**AVAILABLE RECORDS**

::::

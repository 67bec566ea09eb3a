-- ===== src/Exports/Lines.antt =====
-- `line` of internal/features/exports/gedcom/gedcom.go: one GEDCOM structure, with a continuation line for
-- each line break of its payload.
use family_tree_app.Prelude.{
  ℕ, zero, suc, ◌+◌, ◌/◌, ◌%◌, ◌≡◌, refl, ap, Bool, false, ◌||◌, List, [], ◌∷◌, ◌++◌, map, Text,
  codes, is_empty, ltb, ◌==◌, if◌then◌else◌, any, any-append, flat_map, All, Bool-cases, inl, inr,
  arith,
}
use family_tree_app.Exports.Texts.{
  line_feed, carriage_return, clean_text, has_cr, has_cr-clean_text, starts_with,
}

abbrev pub at_sign : ℕ
at_sign = 64

-- `strings.Split(value, "\n")`: the text before the first line feed, and those after each.
unfoldable pub split_lines : Text → Text × List Text
split_lines [] = ([], [])
split_lines (c ∷ s) =
    let (first, rest) = split_lines s in
    if c == line_feed then ([], first ∷ rest) else (c ∷ first, rest)

unfoldable pub escape_line_string : Text → Text
unfolding starts_with
escape_line_string value = if starts_with at_sign value then at_sign ∷ value else value

abbrev pub pointer : Text → Text
pointer xref = at_sign ∷ (xref ++ (at_sign ∷ []))

-- `fmt.Sprintf("%d", n)`; the number itself bounds the digits.
unfoldable pub decimal_from : ℕ → ℕ → Text
decimal_from zero n = (48 + n) ∷ []
decimal_from (suc rounds) n =
    let rest = decimal_from rounds (n / 10) in
    if ltb n 10 then (48 + n) ∷ [] else rest ++ ((48 + n % 10) ∷ [])

unfoldable pub decimal : ℕ → Text
unfolding decimal_from
decimal n = decimal_from n n

-- A space and the text, escaped, where there is a text.
unfoldable pub payload_part : Text → Text
unfolding escape_line_string
payload_part value = if is_empty value then [] else 32 ∷ escape_line_string value

-- A space and the reference, where there is one.
abbrev pub reference_part : Text → Text
reference_part xref = if is_empty xref then [] else 32 ∷ pointer xref

unfoldable pub first_line : ℕ → Text → Text → Text → Text
unfolding decimal payload_part
first_line level xref tag value =
    decimal level ++ (reference_part xref ++ (32 ∷ (tag ++ payload_part value)))

unfoldable pub continuation : ℕ → Text → Text
unfolding decimal payload_part
continuation level value = decimal (level + 1) ++ (codes " CONT" ++ payload_part value)

abbrev pub terminated : Text → Text
terminated s = s ++ (carriage_return ∷ line_feed ∷ [])

-- What `line` appends to the buffer.
unfoldable pub line : ℕ → Text → Text → Text → Text
unfolding split_lines first_line continuation flat_map
line level xref tag payload =
    let lines = split_lines (clean_text payload) in
    terminated (first_line level xref tag lines.0)
    ++ flat_map (λ value. terminated (continuation level value)) lines.1

unfoldable pub pointer_line : ℕ → Text → Text → Text
pointer_line level tag xref = terminated (decimal level ++ (32 ∷ (tag ++ (32 ∷ pointer xref))))

abbrev pub breaks : ℕ → Bool
breaks c = (c == carriage_return) || (c == line_feed)

-- The text has no character that ends a line.
abbrev pub IsOneLine : Text → Type 0
IsOneLine s = any breaks s ≡ false

++-IsOneLine : (s t : Text) → IsOneLine s → IsOneLine t → IsOneLine (s ++ t)
++-IsOneLine s t h k = rw (any-append breaks s t, h) k

digit-IsOneLine : (n : ℕ) → IsOneLine ((48 + n) ∷ [])
unfolding any
digit-IsOneLine n = ground arith

decimal_from-IsOneLine : (rounds n : ℕ) → IsOneLine (decimal_from rounds n)
unfolding decimal_from
decimal_from-IsOneLine zero n = digit-IsOneLine n
decimal_from-IsOneLine (suc rounds) n = elim (Bool-cases (ltb n 10)) [
  | inl e ↦ rw e (digit-IsOneLine n)
  | inr e ↦ rw e (
      ++-IsOneLine (decimal_from rounds (n / 10)) ((48 + n % 10) ∷ [])
        (decimal_from-IsOneLine rounds (n / 10)) (digit-IsOneLine (n % 10)))
]

payload_part-IsOneLine : (s : Text) → IsOneLine s → IsOneLine (payload_part s)
unfolding payload_part escape_line_string starts_with any
payload_part-IsOneLine [] h = refl
payload_part-IsOneLine (c ∷ s) h = elim (Bool-cases (c == at_sign)) [
  | inl e ↦ ground (arith, e)
  | inr e ↦ ground (arith, e)
]

split_lines-IsOneLine :
    (s : Text) → has_cr s ≡ false → IsOneLine (split_lines s).0 × All IsOneLine (split_lines s).1
unfolding split_lines any
split_lines-IsOneLine [] h = (refl, tt)
split_lines-IsOneLine (c ∷ s) h =
    let rest : has_cr s ≡ false = ground arith in
    let (first, others) = split_lines-IsOneLine s rest in
    elim (Bool-cases (c == line_feed)) [
      | inl e ↦ rw e (refl, (first, others))
      | inr e ↦ rw e (ground (arith, e), others)
    ]

All-map :
    {A B : Type 0} (P : A → Type 0) (Q : B → Type 0) (f : A → B)
    → ((a : A) → P a → Q (f a))
    → (xs : List A) → All P xs
    → All Q (map f xs)
All-map P Q f h [] a = tt
All-map P Q f h (x ∷ xs) (a, rest) = (h x a, All-map P Q f h xs rest)

flat_map-terminated :
    (f : Text → Text) (xs : List Text)
    → flat_map (λ x. terminated (f x)) xs ≡ flat_map terminated (map f xs)
unfolding flat_map
flat_map-terminated f [] = refl
flat_map-terminated f (x ∷ xs) = ap (λ z. terminated (f x) ++ z) (flat_map-terminated f xs)

reference_part-IsOneLine : (xref : Text) → IsOneLine xref → IsOneLine (reference_part xref)
unfolding any
reference_part-IsOneLine [] h = refl
reference_part-IsOneLine (c ∷ s) h = ++-IsOneLine (c ∷ s) (at_sign ∷ []) h refl

first_line-IsOneLine :
    (level : ℕ) (xref tag value : Text)
    → IsOneLine xref
    → IsOneLine tag
    → IsOneLine value
    → IsOneLine (first_line level xref tag value)
unfolding first_line decimal any
first_line-IsOneLine level xref tag value one_xref one_tag one_value =
    let after_tag : IsOneLine (tag ++ payload_part value) =
      ++-IsOneLine tag (payload_part value) one_tag (payload_part-IsOneLine value one_value) in
    ++-IsOneLine (decimal level) (reference_part xref ++ (32 ∷ (tag ++ payload_part value)))
      (decimal_from-IsOneLine level level)
      (++-IsOneLine (reference_part xref) (32 ∷ (tag ++ payload_part value))
        (reference_part-IsOneLine xref one_xref) after_tag)

continuation-IsOneLine :
    (level : ℕ) (value : Text) → IsOneLine value → IsOneLine (continuation level value)
unfolding continuation decimal any
continuation-IsOneLine level value one =
    ++-IsOneLine (decimal (level + 1)) (codes " CONT" ++ payload_part value)
      (decimal_from-IsOneLine (level + 1) (level + 1)) (payload_part-IsOneLine value one)

-- What `line` writes, for a tag and a reference with no line break, is a first line with the level, the
-- reference and the tag, and continuation lines of the next level alone, each line ended by CR LF and
-- with no line break inside: no payload begins a structure of its own.
pub line_is_one_structure :
    (level : ℕ) (xref tag payload : Text)
    → IsOneLine xref
    → IsOneLine tag
    → (first : Text) × (rest : List Text) × (line level xref tag payload
        ≡ terminated (first_line level xref tag first)
          ++ flat_map terminated (map (continuation level) rest))
      × IsOneLine (first_line level xref tag first)
      × All IsOneLine (map (continuation level) rest)
unfolding line first_line continuation decimal
line_is_one_structure level xref tag payload one_xref one_tag =
    let lines : Text × List Text = split_lines (clean_text payload) in
    let (head, tail) = split_lines-IsOneLine (clean_text payload) (has_cr-clean_text payload) in
    (
      lines.0,
      lines.1,
      ap (λ z. terminated (first_line level xref tag lines.0) ++ z)
          (flat_map-terminated (continuation level) lines.1),
      first_line-IsOneLine level xref tag lines.0 one_xref one_tag head,
      All-map IsOneLine IsOneLine (continuation level) (continuation-IsOneLine level) lines.1 tail,
    )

::::

**REQUIRED ACTION**
Only one stretch of the records above is wanted: the lines between the one holding "continuation level value = decimal" and the one holding "e (digit-IsOneLine n)", inclusive, reproduced exactly.

**SOLUTION BELOW**
continuation level value = decimal (level + 1) ++ (codes " CONT" ++ payload_part value)

abbrev pub terminated : Text → Text
terminated s = s ++ (carriage_return ∷ line_feed ∷ [])

-- What `line` appends to the buffer.
unfoldable pub line : ℕ → Text → Text → Text → Text
unfolding split_lines first_line continuation flat_map
line level xref tag payload =
    let lines = split_lines (clean_text payload) in
    terminated (first_line level xref tag lines.0)
    ++ flat_map (λ value. terminated (continuation level value)) lines.1

unfoldable pub pointer_line : ℕ → Text → Text → Text
pointer_line level tag xref = terminated (decimal level ++ (32 ∷ (tag ++ (32 ∷ pointer xref))))

abbrev pub breaks : ℕ → Bool
breaks c = (c == carriage_return) || (c == line_feed)

-- The text has no character that ends a line.
abbrev pub IsOneLine : Text → Type 0
IsOneLine s = any breaks s ≡ false

++-IsOneLine : (s t : Text) → IsOneLine s → IsOneLine t → IsOneLine (s ++ t)
++-IsOneLine s t h k = rw (any-append breaks s t, h) k

digit-IsOneLine : (n : ℕ) → IsOneLine ((48 + n) ∷ [])
unfolding any
digit-IsOneLine n = ground arith

decimal_from-IsOneLine : (rounds n : ℕ) → IsOneLine (decimal_from rounds n)
unfolding decimal_from
decimal_from-IsOneLine zero n = digit-IsOneLine n
decimal_from-IsOneLine (suc rounds) n = elim (Bool-cases (ltb n 10)) [
  | inl e ↦ rw e (digit-IsOneLine n)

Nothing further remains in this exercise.